Example 3 preparation of a Dry powder formulation wherein the active ingredient is rac-glycopyrrolate

α -lactose monohydrate SpheroLac 100(Meggle) and magnesium stearate monohydrate were co-milled in a jet mill unit in a ratio of 98: 2% by weight (hereinafter referred to as premix), this premix was then mixed with α -lactose monohydrate Capsulac (212-.

The formulations were evaluated for satisfactory bulk powder content uniformity (RSD of 1.1%).

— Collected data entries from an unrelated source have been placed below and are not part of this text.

-- ===== src/Tunnel/Growth.antt =====
-- What was sent stays sent.
use echo_proxy_core.Base.{
  ℕ, refl, ap, ◌∙◌, subst, inl, inr, Bool, List, [], ◌∷◌, ◌++◌, Bytes, Bool-cases, Option-cases,
  get_elem?, All,
}
use mathlib.Core.List.{append_assoc}
use echo_proxy_core.Frame.{Frame, IsFrame}
use echo_proxy_core.Client.Pool.{call_of}
use echo_proxy_core.Tunnel.{
  Tunnel, Event, moves, up_taken, down_taken, up_ends, ack_sent, server_writer_ended, tcp_read,
  tcp_ended, relay_left, is_reading, put_on_wire, take_up, take_down, step, run,
}
use echo_proxy_core.Tunnel.ServerEnd.{Grown, same-Grown, step-Grown}

Grown-trans : (xs ys zs : List Frame) → Grown xs ys → Grown ys zs → Grown xs zs
Grown-trans xs ys zs (a, p) (b, q) = (a ++ b, q ∙ ap (λ l. l ++ b) p ∙ append_assoc xs a b)

All-front : (xs ys : List Frame) → All IsFrame (xs ++ ys) → All IsFrame xs
All-front [] ys h = tt
All-front (x ∷ xs) ys (h, hs) = (h, All-front xs ys hs)

pub All-Grown : (xs ys : List Frame) → Grown xs ys → All IsFrame ys → All IsFrame xs
All-Grown xs ys (new, p) h = All-front xs new (subst (All IsFrame) p h)

abbrev pub Grows : Tunnel → Tunnel → Type 0
Grows t t' = Grown t.sent_up t'.sent_up × Grown t.server.outbox t'.server.outbox

same-Grows : (t : Tunnel) → Grows t t
same-Grows t = (same-Grown _ _ refl, same-Grown _ _ refl)

up_taken-Grows : (connected : Bool) (t : Tunnel) → Grows t (take_up connected t)
unfolding take_up
up_taken-Grows connected t = elim (Option-cases (get_elem? t.sent_up t.taken_up)) [
  | inl e ↦ rw (take_up, e) (same-Grows t)
  | inr (f, e) ↦ elim (Bool-cases (is_reading t.server.reader)) [
    | inl r ↦ rw (take_up, e, r) (same-Grown _ _ refl, step-Grown _ t.server)
    | inr r ↦ rw (take_up, e, r) (same-Grows t)
  ]
]

module _ (should_bypass : Bytes → ℕ → Bool) where
  down_taken-Grows : (t : Tunnel) → Grows t (take_down should_bypass t)
  unfolding take_down
  down_taken-Grows t = elim (Option-cases (get_elem? t.server.outbox t.taken_down)) [
    | inl e ↦ rw (take_down, e) (same-Grows t)
    | inr (f, e) ↦ rw (take_down, e) (same-Grown _ _ refl, same-Grown _ _ refl)
  ]

  pub step-Grows : (e : Event) (t : Tunnel) → Grows t (step should_bypass e t)
  unfolding step
  step-Grows (moves n answer) t =
      ((put_on_wire answer (call_of n t.pool.running), refl), same-Grown _ _ refl)
  step-Grows (up_taken connected) t = up_taken-Grows connected t
  step-Grows down_taken t = down_taken-Grows t
  step-Grows up_ends t = (same-Grown _ _ refl, step-Grown _ t.server)
  step-Grows ack_sent t = (same-Grown _ _ refl, step-Grown _ t.server)
  step-Grows server_writer_ended t = (same-Grown _ _ refl, step-Grown _ t.server)
  step-Grows (tcp_read id bytes) t = (same-Grown _ _ refl, step-Grown _ t.server)
  step-Grows (tcp_ended id) t = (same-Grown _ _ refl, step-Grown _ t.server)
  step-Grows (relay_left id) t = (same-Grown _ _ refl, step-Grown _ t.server)
  step-Grows _ t = same-Grows t

  pub run-Grows : (es : List Event) (t : Tunnel) → Grows t (run should_bypass es t)
  unfolding run
  run-Grows [] t = same-Grows t
  run-Grows (e ∷ es) t =
      let (a, b) = step-Grows e t in
      let (c, d) = run-Grows es (step should_bypass e t) in
      (Grown-trans _ _ _ a c, Grown-trans _ _ _ b d)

Loading a quantity of inhalation powder into a multi-dose dry powder inhaler(ChiesiFarmaceutici SpA, Italy).

Aerodynamic assessment of particle size distribution was obtained by using the Next Generation Impactor (NGI) according to the method detailed in the european pharmacopoeia (european pharmacopoeia 7 th edition: 278-82). The following parameters were calculated: i) a Delivered Dose (DD), which is the amount of drug delivered from the device recovered in all parts of the impactor; ii) a Fine Particle Mass (FPM), which is the amount of delivered dose having a particle size equal to or less than 5.0 microns; iii) Fine Particle Fraction (FPF), which is the ratio of fine particle mass to delivered dose; iv) MMAD ± GSD; and v) ultra-fine FPF, which is the percentage of fine particulate matter having a particle size equal to or less than 1.0 micron. The results (average, n ═ 6) are reported in table 2.

TABLE 2

Showing good delivered dose, indicating no significant retention in the DPI device. The fine particle fraction is also satisfactory.

Claims (11)

1. A process for the preparation of micronized particles of a pharmaceutically acceptable salt of glycopyrronium, the process comprising the steps of:

(a) in a first chamber of a controlled flow hydrodynamic cavitation device, a solution stream F comprising a pharmaceutically acceptable salt of glycopyrronium and one or more surfactants dissolved in a solvent selected from the group consisting of 1-butanol, 2-propanol and mixtures thereof with ethanol₁With one or more antisolvents F selected from the group consisting of diethyl ether, n-heptane and methyl tert-butyl ether (MTBE), and mixtures thereof₂Mixing;

(b) treatment of the mixture flow F by means of a partially constricted flow₁And F₂To produce controlled hydrodynamic cavitation, thereby causing nucleation and direct production of nanocrystals of a glycopyrronium salt;

(c) the mixture flow F₁And F₂Transferring to a second chamber of the controlled flow cavitation device and further processing the flow of the mixture for a time of less than 10 milliseconds;

(d) collecting the resulting stream in a receiver containing a mixture of n-heptane and MTBE in a ratio of 10:90v/v to 40:60v/v such that the nanoparticles are pooled;

(e) drying the granules to harden the pooled granules;

(f) removing the surfactant; and

(g) the resulting micronized particles were further dried.

2. The method of claim 1, wherein the pharmaceutically acceptable salt of glycopyrronium is a bromide salt.

3. The method according to claim 1 or 2, wherein the surfactant is selected from lecithin, non-ionic surfactants such as tween and span, and sugar-based surfactants such as sucrose stearate and sucrose palmitate, and mixtures thereof in any proportion.

4. The method of any one of claims 1-3, wherein the solvent is 2-propanol (propanool).

5. The process of any one of claims 1-4, wherein the anti-solvent is n-heptane.

6. The method of any one of claims 1-5, wherein the surfactant is a mixture of soy lecithin, sorbitan monostearate (span) 60, and sucrose stearate.

7. A process for the preparation of a formulation for inhalation comprising the step of mixing micronized particles according to claims 1 to 6 with one or more propellants or carriers.

8. A pressurized formulation for inhalation comprising micronized particles of a pharmaceutically acceptable salt of glycopyrronium suspended in a pressurized liquefied propellant obtained according to the process of any of claims 1 to 6.

9. A pressurized metered dose inhaler (pMDI) filled with the formulation of claim 8.

10. A dry powder formulation comprising a mixture of micronized particles of a pharmaceutically acceptable salt of glycopyrronium obtained according to the process of any of claims 1 to 6 and physiologically acceptable, pharmacologically inert solid carrier particles.

11. A dry powder inhaler filled with the formulation of claim 10.